Because most philosophies that frown on reproduction don't survive.

Sunday, January 31, 2021

The Friendship of Christ, Chapter 7: Christ in the Priest

 Previous: Chapter 6, Christ in the Church

Christ in the Priest was a chapter that I enjoyed reading, and yet didn't resonate with me in the way that earlier chapters have, so I'm glad that Erin is writing about it:

A good part of this chapter is a defense of the priesthood.  I'm concerned mainly with what it means to find friendship with Christ in the priest---and it seems to me that by this Benson means friendship with Christ in the priesthood and its attributes, friendship with Christ-as-the-High-Priest.  Because of course friendship with Christ can be found in the human personality of any particular priest you happen to meet or know; I suspect, though, that we are going to meet this particular image of Christ in later chapters, such as "Christ in the Saint," "Christ in the Sinner," "Christ in the Average Man."  Because of course a given priest could be any of those things, and God help him, he may eventually be all three.

The priest is a man whose job is to willingly do the will of God.  All of us have the job to do that!  But the particular version of this, for the priest, is---at very particular and crucial moments---to submit his own personality totally to the personality of Christ; to accept with John the Baptist, "I must decrease, and he must increase;" and to give God permission to use his hands, his voice.  Christ "energizes,"  Christ "exercis[es] the prerogative of mercy," Christ "mak[es] himself present in...the Sacrament."  The priest consents. 

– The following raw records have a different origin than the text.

-- ===== src/Tests/Indexer.antt =====
-- apps/whale-api/src/module.indexer: an index that fails half way, and its cleanup in the next round.
use jellyfishsdk.Prelude.{
  not_found, ℕ, zero, ◌-◌, suc, ◌≡◌, refl, List, [], ◌∷◌, Option, none, some, ok, err, Error,
  call_failed,
}
use jellyfishsdk.WhaleApi.Indexer.{
  reindex, RawBlock, Run, done, thrown, Indexer, Stored, RpcClient, index_all, invalidate_all,
  main_index, main_invalidate, index, invalidate, cleanup, index_genesis, follow_chain, after_hash,
  synchronize, cycle_round, failed, invalidated, error,
}
use jellyfishsdk.WhaleApi.Indexer.Recovery.{IsClean, IsAtRest}
use jellyfishsdk.WhaleApi.Indexer.Steps.{Reach, at_start, after, whole_round, empty_database}
use jellyfishsdk.WhaleApi.Indexer.Reach.{Reach-cleanup}

abbrev raw_block : ℕ → RawBlock
raw_block h = record { hash = b'b' ∷ h ∷ []; height = h; previousblockhash = b'b' ∷ (h - 1) ∷ [] }

-- The models are the blocks that are indexed, the highest one first.
abbrev tail : List RawBlock → List RawBlock
tail [] = []
tail (block ∷ rest) = rest

abbrev highest : List RawBlock → Option RawBlock
highest [] = none
highest (block ∷ rest) = some block

abbrev block_indexer : Indexer (List RawBlock)
block_indexer = record {
  index = λ block x. done (block ∷ x);
  invalidate = λ block x. done (tail x);
}

-- It fails at the block of height 1.
abbrev index_but_first : ℕ → List RawBlock → Run (List RawBlock)
index_but_first (suc zero) x = thrown call_failed x
index_but_first h x = done x

abbrev failing_indexer : Indexer (List RawBlock)
failing_indexer = record {
  index = λ block x. index_but_first block.height x;
  invalidate = λ block x. done x;
}

abbrev indexers : List (Indexer (List RawBlock))
indexers = block_indexer ∷ failing_indexer ∷ []

abbrev client : RpcClient
client = record {
  get_block_hash = λ h. ok (b'b' ∷ h ∷ []);
  get_block = λ hash. elim hash [
    | [] ↦ err call_failed
    | c ∷ rest ↦ (elim rest [ [] ↦ err call_failed | h ∷ more ↦ ok (raw_block h) ])
  ];
}

abbrev NoCrash : RawBlock → List RawBlock → List RawBlock → Type 0
NoCrash block x y = ⊥

abbrev round : Stored (List RawBlock) → Stored (List RawBlock)
round db = (cycle_round indexers highest client db).1

abbrev after_genesis : Stored (List RawBlock)
after_genesis = round (empty_database [])

abbrev failed_index : Stored (List RawBlock)
failed_index = round after_genesis

failed_index_runs :
    (failed_index.models ≡ raw_block 1 ∷ raw_block 0 ∷ [])
    × (failed_index.status ≡ some (record { hash = b'b' ∷ 1 ∷ []; height = 1; status = error }))
unfolding cycle_round cleanup synchronize index_genesis after_hash follow_chain index main_index
    index_all
failed_index_runs = (refl, refl)

abbrev cleaned : Stored (List RawBlock)
cleaned = record {
  raw = failed_index.raw;
  models = raw_block 0 ∷ [];
  status = some (record { hash = b'b' ∷ 1 ∷ []; height = 1; status = invalidated });
}

cleaned_by : cleanup indexers failed_index ≡ done cleaned
unfolding cycle_round cleanup synchronize index_genesis after_hash follow_chain index main_index
    index_all invalidate main_invalidate invalidate_all
cleaned_by = refl

genesis_succeeds :
    (db db' : Stored (List RawBlock)) (e : Error)
    → index_genesis indexers client db ≡ failed e db'
    → db ≡ db'
unfolding index_genesis main_index index_all
genesis_succeeds db db' e g = cc

failed_index-Reach : Reach indexers highest [] NoCrash failed_index
unfolding cycle_round cleanup synchronize index_genesis after_hash follow_chain index main_index
    index_all
failed_index-Reach =
    after (after at_start (whole_round client (λ db s e db' n. genesis_succeeds db db' e) tt))
      (whole_round client (λ db s e db' n. genesis_succeeds db db' e) tt)

Reach-cleanup_example : IsClean indexers [] NoCrash cleaned.models × IsAtRest cleaned.status
Reach-cleanup_example =
    Reach-cleanup indexers highest [] NoCrash failed_index cleaned failed_index-Reach cleaned_by

-- An indexer that does not find what it has to invalidate, behind one that has done its part.
abbrev missing_indexer : Indexer (List RawBlock)
missing_indexer = record { index = λ block x. done x; invalidate = λ block x. thrown not_found x }

abbrev half_undone : Stored (List RawBlock)
half_undone = record {
  raw = failed_index.raw;
  models = raw_block 0 ∷ [];
  status = some (record { hash = b'b' ∷ 1 ∷ []; height = 1; status = reindex });
}

-- The block is invalidated by the first indexer only, and the next cleanup passes over it.
reindex_skips :
    (cleanup (block_indexer ∷ missing_indexer ∷ []) failed_index ≡ thrown not_found half_undone)
    × (cleanup (block_indexer ∷ missing_indexer ∷ []) half_undone ≡ done half_undone)
unfolding cycle_round cleanup synchronize index_genesis after_hash follow_chain index main_index
    index_all invalidate main_invalidate invalidate_all
reindex_skips = (refl, refl)
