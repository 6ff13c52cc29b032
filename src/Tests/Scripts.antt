-- ===== src/Tests/Scripts.antt =====
-- packages/jellyfish-transaction/src/script: runs, and the theorems at concrete inputs.
use jellyfishsdk.Prelude.{
  ℕ, ◌≡◌, ◌≤◌, refl, arith, List, [], ◌∷◌, ◌++◌, take, drop, length, inl, ok, err, Result, ap, sym,
  ◌∙◌, subst, out_of_fuel,
}
use jellyfishsdk.Buffer.Codec.{Codec, ReadBack, write_each}
use jellyfishsdk.Buffer.Hex.{Text, to_hex, from_hex, hex_digit}
use jellyfishsdk.Buffer.CompactSize.{max_safe_integer}
use jellyfishsdk.Script.PushData.{get_len_op_buffer}
use jellyfishsdk.Script.Codes.{
  StaticCode, stack, crypto, bitwise, control, constant, num_as_op_code, find_code, hex_mapping,
}
use jellyfishsdk.Script.Codes.{code}
use jellyfishsdk.Script.Codes.Constants.{op_0}
use jellyfishsdk.Script.Codes.Control.{op_return}
use jellyfishsdk.Script.Codes.Crypto.{op_hash160, op_checksig}
use jellyfishsdk.Script.Codes.Bitwise.{op_equalverify}
use jellyfishsdk.Script.Codes.Stack.{op_dup}
use jellyfishsdk.Script.Codes.Laws.{code-num_as_op_code}
use jellyfishsdk.Script.OpCode.{
  OpCode, static, push_data, defi_tx, script, to_op_code, read_op_codes, static_word,
}
use jellyfishsdk.Script.OpCode.{as_buffer, op_code, remap_defi_script, is_defi_script, is_defi_hex}
use jellyfishsdk.Script.OpCode.RoundTrip.{HasSafeLength, script-ReadBack}
use jellyfishsdk.Script.OpCode.Rounds.{read_op_codes-rounds}
use jellyfishsdk.Tests.Node.{node_buffer}

-- A composer that keeps the bytes of a transaction as hex.
abbrev pub raw_dftx : Codec Text
raw_dftx = record { from_buffer = λ bs. ok (to_hex bs, []); to_buffer = λ t. ok (from_hex t) }

abbrev pub hash : Text
hash = b'3' ∷ b'b' ∷ b'd' ∷ b'e' ∷ []

-- The words of a payment to a key's hash.
abbrev pub p2pkh : List (OpCode Text)
p2pkh =
    static (stack op_dup)
    ∷ static (crypto op_hash160)
    ∷ push_data hash
    ∷ static (bitwise op_equalverify)
    ∷ static (crypto op_checksig)
    ∷ []

p2pkh_bytes :
    write_each (op_code raw_dftx) p2pkh ≡ ok (0x76 ∷ 0xa9 ∷ 2 ∷ 0x3b ∷ 0xde ∷ 0x88 ∷ 0xac ∷ [])
unfolding write_each as_buffer code from_hex get_len_op_buffer
p2pkh_bytes = refl

pub p2pkh_safe : HasSafeLength raw_dftx p2pkh
p2pkh_safe bs e =
    subst (λ l. l ≤ max_safe_integer) (ap length_or_zero (sym p2pkh_bytes ∙ e)) (omega arith)
  where
    length_or_zero : Result (List ℕ) → ℕ
    length_or_zero r = elim r [ ok bs ↦ length bs | err e ↦ 0 ]

script-ReadBack_example : ReadBack (script raw_dftx) p2pkh (1 ∷ [])
unfolding is_defi_script
script-ReadBack_example =
    script-ReadBack raw_dftx p2pkh (1 ∷ [])
      (inl ((tt, (tt, ((omega arith, omega arith, omega arith), (tt, (tt, tt))))), refl)) p2pkh_safe

code-num_as_op_code_example : (c : StaticCode) × (num_as_op_code 0xba ≡ ok c) × (code c ≡ 0xba)
code-num_as_op_code_example = code-num_as_op_code 0xba (omega arith)

-- A push of no bytes is written as the byte of OP_0, and read back as OP_0.
push_data_empty :
    (as_buffer raw_dftx (push_data []) ≡ ok (0x00 ∷ []))
    × (to_op_code {D = Text} (0x00 ∷ []) ≡ ok (static (constant op_0), []))
unfolding as_buffer from_hex get_len_op_buffer to_op_code static_word num_as_op_code find_code
    hex_mapping
push_data_empty = (refl, refl)

read_op_codes-rounds_example :
    ¬ (read_op_codes {D = Text} 9 (0x51 ∷ 2 ∷ 1 ∷ 1 ∷ []) ≡ err out_of_fuel)
    × (read_op_codes {D = Text} 9 (0x51 ∷ 2 ∷ 1 ∷ 1 ∷ [])
        ≡ read_op_codes (length {A = ℕ} (0x51 ∷ 2 ∷ 1 ∷ 1 ∷ [])) (0x51 ∷ 2 ∷ 1 ∷ 1 ∷ []))
read_op_codes-rounds_example = read_op_codes-rounds Text 9 (0x51 ∷ 2 ∷ 1 ∷ 1 ∷ []) (omega arith)

-- A composer that takes five bytes and leaves the others.
abbrev five_dftx : Codec Text
five_dftx = record {
  from_buffer = λ bs. ok (to_hex (take 5 bs), drop 5 bs);
  to_buffer = λ t. ok (from_hex t);
}

abbrev signed : Text
signed = b'4' ∷ b'4' ∷ b'6' ∷ b'6' ∷ b'5' ∷ b'4' ∷ b'7' ∷ b'8' ∷ b'0' ∷ b'0' ∷ []

abbrev signed_more : Text
signed_more = signed ++ b'9' ∷ b'9' ∷ []

-- What the composer leaves unread is lost: the two scripts are remapped to one.
remap_unread :
    (remap_defi_script five_dftx (static (control op_return) ∷ push_data signed ∷ [])
      ≡ ok (static (control op_return) ∷ defi_tx signed ∷ []))
    × (remap_defi_script five_dftx (static (control op_return) ∷ push_data signed_more ∷ [])
        ≡ ok (static (control op_return) ∷ defi_tx signed ∷ []))
unfolding remap_defi_script is_defi_script is_defi_hex from_hex to_hex hex_digit
remap_unread = (refl, refl)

So where is the friendship?

[Christ] exhibits, in that atmosphere that has grown up about the priesthood, through the instincts of the faithful rather than through the precise instructions of the Church, attributes of His own Divine character, in sympathy with which constitutes the friendship of those who love Him.

I think when people talk about having that "personal relationship with Christ," it is very easy for them to be picturing a relationship with the human nature and character of Christ only:  the same sort of imagination that gives us the parlor-game of "Which historical character would you like to have dinner with?"  We close our eyes and there is Jesus, copied from a picture we saw once, in sandals and tunic, sitting in our living room.  We try to make friends with this Jesus.  Even if we imagine a Jesus speaking in our interior hearts, it's a human-sounding voice. We try to make that connection feel as like a human friendship as possible.  When it really does feel like that, we understand it to be a grace and a consolation.

And it's not wrong!

But we must also make friends with the Divine character of Christ.  And for that we have not much in the way of models from practical experience.  

Benson is telling us that friendship with Christ is also "sympathy with attributes of His own Divine character," and that we are able to develop some of this by having a devotion to the priesthood.